Whitecaps lashed and clawed at the aged wooden structure.
Pausing to watch monster waves crash over the pier behind him, seemingly cutting off their return, he realized he was hallucinating. Apparently the microdoses he’d scored before leaving Portland were unusually potent.
Or maybe the microdosing was rewiring his neural network.
Or perhaps he was dreaming?
After what seemed like hours, they reached the aquarium; to their dismay, if not utter surprise, it appeared to be closed.
Fusillades of horizontal rain tore at their wraps. Her hooded head drooping wearily, Sadie banged on the battleship gray metal door after trying the handle, which failed to budge.

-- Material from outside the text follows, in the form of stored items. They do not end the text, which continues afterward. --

-- ===== src/Store/Queue/Leases.antt =====
-- crates/gmr-store/src/sqlite/queue.rs: while one holds a lease, another gets none.
use gmr.Support.{ℕ, ◌<◌, [], ◌∷◌, Bool, if◌then◌else◌}
use gmr.Support.Text.{Text}
use gmr.Store.Queue.{Slot, Queue, is_of, lease, due}

-- The anchor's first row is held until `until`.
unfoldable pub lease_end : Text → Queue → ℕ
lease_end a [] = 0
lease_end a (slot ∷ slots) = if is_of a slot then slot.lease_until else lease_end a slots

-- Between a lease and its end, no other lease of the anchor is given, as long as only leases are
-- asked for: of any anchors, one by one or as those that are due.
pub data Leasing (to : ℕ) : Queue → Queue → Type 0 where
  rests : (q : Queue) → Leasing to q q
  asks :
      {q s : Queue} (anchor : Text) (now until : ℕ)
      → now < to
      → Leasing to (lease anchor now until q).1 s
      → Leasing to q s
  takes_due :
      {q s : Queue} (chosen : Slot → Bool) (now until : ℕ)
      → now < to
      → Leasing to (due chosen now until q).1 s
      → Leasing to q s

Liam’s eyes widened as a towering, heavyset Polynesian woman, cloaked head to foot in rain gear, carefully opened the door enough for them to squeeze inside.
“Talofa!” she shouted over the howling wind. “I was beginning to think you’d bailed on me.”
She was expecting us?
“Quickly now,” she urged them. Her meaty mocha hand maintained an iron grip on the door’s lever handle, lest the gale tear it away, as she stepped aside to let them in before muscling the portal closed.
“Welcome, intrepid friends,” she greeted them, beaming, as she tugged her hood back off her salt and pepper braids. In her free hand she grasped a stack of large index cards. “I’m Moana.”
“Moana …?”
“I promise you, I was Moana long before Disney cashed in on her.”
Liam laughed.
“Aloha, Moana,” Liam said. “I’m, uh, … Axel.”
“Of course you are,” she replied drily.
"Talofa!” she repeated to the three. “You’re my first visitors today. ‘Fe‘e and I are so honored and excited that you defied the tempest to meet us.’" She indicated with her hand the large cylindrical tank situated a few feet behind her.
“I thought his name was ‘Reefer,” Sadie said. “It says it right there on his tank.”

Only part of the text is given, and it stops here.